++++ Study material
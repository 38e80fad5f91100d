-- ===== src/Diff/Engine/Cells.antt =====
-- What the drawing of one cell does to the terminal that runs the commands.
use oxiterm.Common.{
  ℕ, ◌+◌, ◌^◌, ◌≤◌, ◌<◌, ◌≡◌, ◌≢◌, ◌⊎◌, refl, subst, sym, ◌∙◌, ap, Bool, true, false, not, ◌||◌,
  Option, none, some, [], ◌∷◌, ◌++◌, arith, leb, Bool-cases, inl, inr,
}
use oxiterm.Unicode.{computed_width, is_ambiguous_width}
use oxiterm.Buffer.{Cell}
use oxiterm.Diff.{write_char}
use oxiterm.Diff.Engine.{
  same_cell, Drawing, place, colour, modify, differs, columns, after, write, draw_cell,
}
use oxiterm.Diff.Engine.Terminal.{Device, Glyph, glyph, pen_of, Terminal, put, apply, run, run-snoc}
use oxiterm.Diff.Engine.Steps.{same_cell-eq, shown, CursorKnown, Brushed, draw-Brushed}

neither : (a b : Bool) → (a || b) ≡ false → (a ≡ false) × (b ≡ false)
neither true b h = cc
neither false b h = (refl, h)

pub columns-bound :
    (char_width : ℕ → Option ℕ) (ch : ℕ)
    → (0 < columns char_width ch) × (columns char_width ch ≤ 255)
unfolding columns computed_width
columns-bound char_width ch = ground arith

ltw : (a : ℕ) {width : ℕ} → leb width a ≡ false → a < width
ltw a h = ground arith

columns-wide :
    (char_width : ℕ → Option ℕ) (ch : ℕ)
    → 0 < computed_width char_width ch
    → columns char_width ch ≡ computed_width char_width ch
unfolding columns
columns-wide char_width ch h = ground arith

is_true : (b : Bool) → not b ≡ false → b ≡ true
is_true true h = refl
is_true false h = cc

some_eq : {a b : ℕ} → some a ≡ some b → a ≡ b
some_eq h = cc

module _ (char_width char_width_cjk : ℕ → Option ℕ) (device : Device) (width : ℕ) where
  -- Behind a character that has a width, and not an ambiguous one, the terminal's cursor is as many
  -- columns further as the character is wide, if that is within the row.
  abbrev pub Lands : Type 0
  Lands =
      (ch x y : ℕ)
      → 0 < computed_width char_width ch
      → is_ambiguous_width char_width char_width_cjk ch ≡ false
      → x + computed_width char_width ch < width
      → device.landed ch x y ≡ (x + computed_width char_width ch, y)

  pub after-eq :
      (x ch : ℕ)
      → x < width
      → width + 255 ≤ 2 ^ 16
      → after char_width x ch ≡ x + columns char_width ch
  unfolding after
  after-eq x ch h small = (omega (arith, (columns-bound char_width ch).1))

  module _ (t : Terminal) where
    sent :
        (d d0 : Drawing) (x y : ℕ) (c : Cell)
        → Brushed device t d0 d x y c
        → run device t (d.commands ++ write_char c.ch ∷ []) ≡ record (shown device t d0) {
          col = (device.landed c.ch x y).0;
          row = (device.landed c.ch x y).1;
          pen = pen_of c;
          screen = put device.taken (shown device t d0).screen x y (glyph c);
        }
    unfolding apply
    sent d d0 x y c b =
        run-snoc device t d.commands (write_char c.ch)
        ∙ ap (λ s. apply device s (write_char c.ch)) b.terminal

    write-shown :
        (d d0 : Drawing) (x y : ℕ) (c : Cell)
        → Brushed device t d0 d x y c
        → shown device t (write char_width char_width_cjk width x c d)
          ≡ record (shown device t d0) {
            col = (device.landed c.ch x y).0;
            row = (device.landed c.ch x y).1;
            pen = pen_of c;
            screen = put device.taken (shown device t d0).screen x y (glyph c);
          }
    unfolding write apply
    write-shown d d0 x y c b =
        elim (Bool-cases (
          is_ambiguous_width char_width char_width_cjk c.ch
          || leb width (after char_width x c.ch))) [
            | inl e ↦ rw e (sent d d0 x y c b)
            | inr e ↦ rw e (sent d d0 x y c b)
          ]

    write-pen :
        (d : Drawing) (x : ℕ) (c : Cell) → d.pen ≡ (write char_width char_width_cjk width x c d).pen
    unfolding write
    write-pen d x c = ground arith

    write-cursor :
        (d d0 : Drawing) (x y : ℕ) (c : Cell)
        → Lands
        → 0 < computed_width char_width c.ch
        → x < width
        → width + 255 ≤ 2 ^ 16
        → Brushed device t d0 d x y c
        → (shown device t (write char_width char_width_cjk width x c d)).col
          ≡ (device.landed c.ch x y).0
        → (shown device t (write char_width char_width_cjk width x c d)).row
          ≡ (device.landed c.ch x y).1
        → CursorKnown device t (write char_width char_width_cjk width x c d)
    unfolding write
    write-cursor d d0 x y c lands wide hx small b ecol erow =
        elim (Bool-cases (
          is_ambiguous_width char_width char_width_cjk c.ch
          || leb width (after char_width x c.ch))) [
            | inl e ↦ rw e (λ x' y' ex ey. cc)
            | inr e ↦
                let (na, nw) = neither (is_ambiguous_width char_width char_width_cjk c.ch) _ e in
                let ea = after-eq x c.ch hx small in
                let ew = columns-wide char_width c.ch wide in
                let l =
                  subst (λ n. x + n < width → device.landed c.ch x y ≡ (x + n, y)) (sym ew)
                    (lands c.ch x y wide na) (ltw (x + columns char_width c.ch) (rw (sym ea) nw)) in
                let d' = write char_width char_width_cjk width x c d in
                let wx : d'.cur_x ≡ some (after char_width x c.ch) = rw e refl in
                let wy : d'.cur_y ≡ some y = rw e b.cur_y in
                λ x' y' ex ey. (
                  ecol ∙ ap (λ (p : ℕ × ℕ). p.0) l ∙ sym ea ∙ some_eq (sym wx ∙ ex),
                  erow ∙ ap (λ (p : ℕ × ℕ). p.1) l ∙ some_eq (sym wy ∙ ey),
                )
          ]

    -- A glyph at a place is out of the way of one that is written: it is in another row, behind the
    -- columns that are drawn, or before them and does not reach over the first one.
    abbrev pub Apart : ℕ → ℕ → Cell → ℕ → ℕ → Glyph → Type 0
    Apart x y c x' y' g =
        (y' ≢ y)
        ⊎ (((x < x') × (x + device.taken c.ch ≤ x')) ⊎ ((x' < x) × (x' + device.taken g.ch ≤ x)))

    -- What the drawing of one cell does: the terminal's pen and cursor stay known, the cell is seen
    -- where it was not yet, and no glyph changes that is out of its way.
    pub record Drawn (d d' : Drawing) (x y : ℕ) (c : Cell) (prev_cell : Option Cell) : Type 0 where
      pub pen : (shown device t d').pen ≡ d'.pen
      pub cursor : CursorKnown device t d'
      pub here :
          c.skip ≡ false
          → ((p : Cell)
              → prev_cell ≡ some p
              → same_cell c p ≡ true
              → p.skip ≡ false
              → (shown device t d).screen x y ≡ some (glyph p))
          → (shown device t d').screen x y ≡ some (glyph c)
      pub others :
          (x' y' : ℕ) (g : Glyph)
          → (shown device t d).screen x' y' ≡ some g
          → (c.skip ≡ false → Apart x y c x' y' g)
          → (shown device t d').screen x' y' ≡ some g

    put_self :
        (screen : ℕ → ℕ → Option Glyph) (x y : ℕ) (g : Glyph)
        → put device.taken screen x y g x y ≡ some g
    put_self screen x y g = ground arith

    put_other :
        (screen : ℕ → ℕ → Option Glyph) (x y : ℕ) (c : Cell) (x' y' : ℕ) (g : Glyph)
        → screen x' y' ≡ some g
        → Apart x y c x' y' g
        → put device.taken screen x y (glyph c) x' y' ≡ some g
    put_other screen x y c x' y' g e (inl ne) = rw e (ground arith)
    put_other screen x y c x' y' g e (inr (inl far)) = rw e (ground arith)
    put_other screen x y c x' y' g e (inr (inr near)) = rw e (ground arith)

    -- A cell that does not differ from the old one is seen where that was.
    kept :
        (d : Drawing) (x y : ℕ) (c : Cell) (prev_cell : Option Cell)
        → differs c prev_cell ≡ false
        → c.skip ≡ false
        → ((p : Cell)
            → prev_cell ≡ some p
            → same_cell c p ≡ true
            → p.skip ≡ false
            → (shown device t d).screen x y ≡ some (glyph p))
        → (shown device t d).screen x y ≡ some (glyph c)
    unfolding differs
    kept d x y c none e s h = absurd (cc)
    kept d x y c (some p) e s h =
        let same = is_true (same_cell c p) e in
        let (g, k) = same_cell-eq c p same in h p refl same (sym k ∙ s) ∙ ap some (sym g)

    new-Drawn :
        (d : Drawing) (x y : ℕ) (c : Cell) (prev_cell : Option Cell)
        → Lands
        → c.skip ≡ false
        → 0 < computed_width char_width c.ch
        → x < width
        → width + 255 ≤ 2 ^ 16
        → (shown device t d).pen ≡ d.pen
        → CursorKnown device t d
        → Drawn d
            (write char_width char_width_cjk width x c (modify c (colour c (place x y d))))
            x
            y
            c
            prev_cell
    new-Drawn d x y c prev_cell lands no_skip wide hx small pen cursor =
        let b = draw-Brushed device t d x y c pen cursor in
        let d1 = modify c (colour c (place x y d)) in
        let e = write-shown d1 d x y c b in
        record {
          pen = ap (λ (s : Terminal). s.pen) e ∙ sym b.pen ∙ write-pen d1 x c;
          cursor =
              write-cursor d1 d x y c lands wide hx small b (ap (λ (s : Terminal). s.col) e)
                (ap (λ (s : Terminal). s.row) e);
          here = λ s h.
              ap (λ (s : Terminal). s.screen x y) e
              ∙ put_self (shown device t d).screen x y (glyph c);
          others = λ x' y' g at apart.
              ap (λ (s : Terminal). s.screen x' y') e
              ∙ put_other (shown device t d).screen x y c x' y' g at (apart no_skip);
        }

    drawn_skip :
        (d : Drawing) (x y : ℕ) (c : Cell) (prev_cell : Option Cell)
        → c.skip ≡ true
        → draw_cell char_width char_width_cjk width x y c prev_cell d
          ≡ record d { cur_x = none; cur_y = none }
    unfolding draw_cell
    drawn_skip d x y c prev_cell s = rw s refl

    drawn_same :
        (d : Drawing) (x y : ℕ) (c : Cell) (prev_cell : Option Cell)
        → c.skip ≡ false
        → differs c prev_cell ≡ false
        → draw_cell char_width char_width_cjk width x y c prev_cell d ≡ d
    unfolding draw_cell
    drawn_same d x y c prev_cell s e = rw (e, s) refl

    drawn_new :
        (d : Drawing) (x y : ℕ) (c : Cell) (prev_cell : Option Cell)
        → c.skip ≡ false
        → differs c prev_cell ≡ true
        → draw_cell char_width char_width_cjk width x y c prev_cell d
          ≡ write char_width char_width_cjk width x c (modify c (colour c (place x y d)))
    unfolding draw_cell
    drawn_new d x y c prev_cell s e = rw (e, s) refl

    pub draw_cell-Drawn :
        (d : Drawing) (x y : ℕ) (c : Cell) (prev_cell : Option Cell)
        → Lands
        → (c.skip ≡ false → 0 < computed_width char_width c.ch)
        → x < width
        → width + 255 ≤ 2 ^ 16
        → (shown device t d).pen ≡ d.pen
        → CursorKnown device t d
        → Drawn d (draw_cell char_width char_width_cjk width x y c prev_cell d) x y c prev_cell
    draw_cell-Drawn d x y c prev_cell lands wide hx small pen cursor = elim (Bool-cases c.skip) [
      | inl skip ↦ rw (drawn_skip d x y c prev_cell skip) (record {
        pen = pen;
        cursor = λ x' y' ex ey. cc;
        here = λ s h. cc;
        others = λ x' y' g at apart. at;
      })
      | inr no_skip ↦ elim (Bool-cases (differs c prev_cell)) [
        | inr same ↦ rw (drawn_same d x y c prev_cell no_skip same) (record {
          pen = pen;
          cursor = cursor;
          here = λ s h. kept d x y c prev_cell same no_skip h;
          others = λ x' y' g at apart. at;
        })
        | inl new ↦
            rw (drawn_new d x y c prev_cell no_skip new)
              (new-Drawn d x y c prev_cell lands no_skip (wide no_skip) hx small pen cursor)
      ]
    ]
++++++++
**Problem:**
Your answer must be every line from the listing above that holds the string "differs".

**Exercise output:**
  same_cell, Drawing, place, colour, modify, differs, columns, after, write, draw_cell,
        → differs c prev_cell ≡ false
    unfolding differs
        → differs c prev_cell ≡ false
        → differs c prev_cell ≡ true
      | inr no_skip ↦ elim (Bool-cases (differs c prev_cell)) [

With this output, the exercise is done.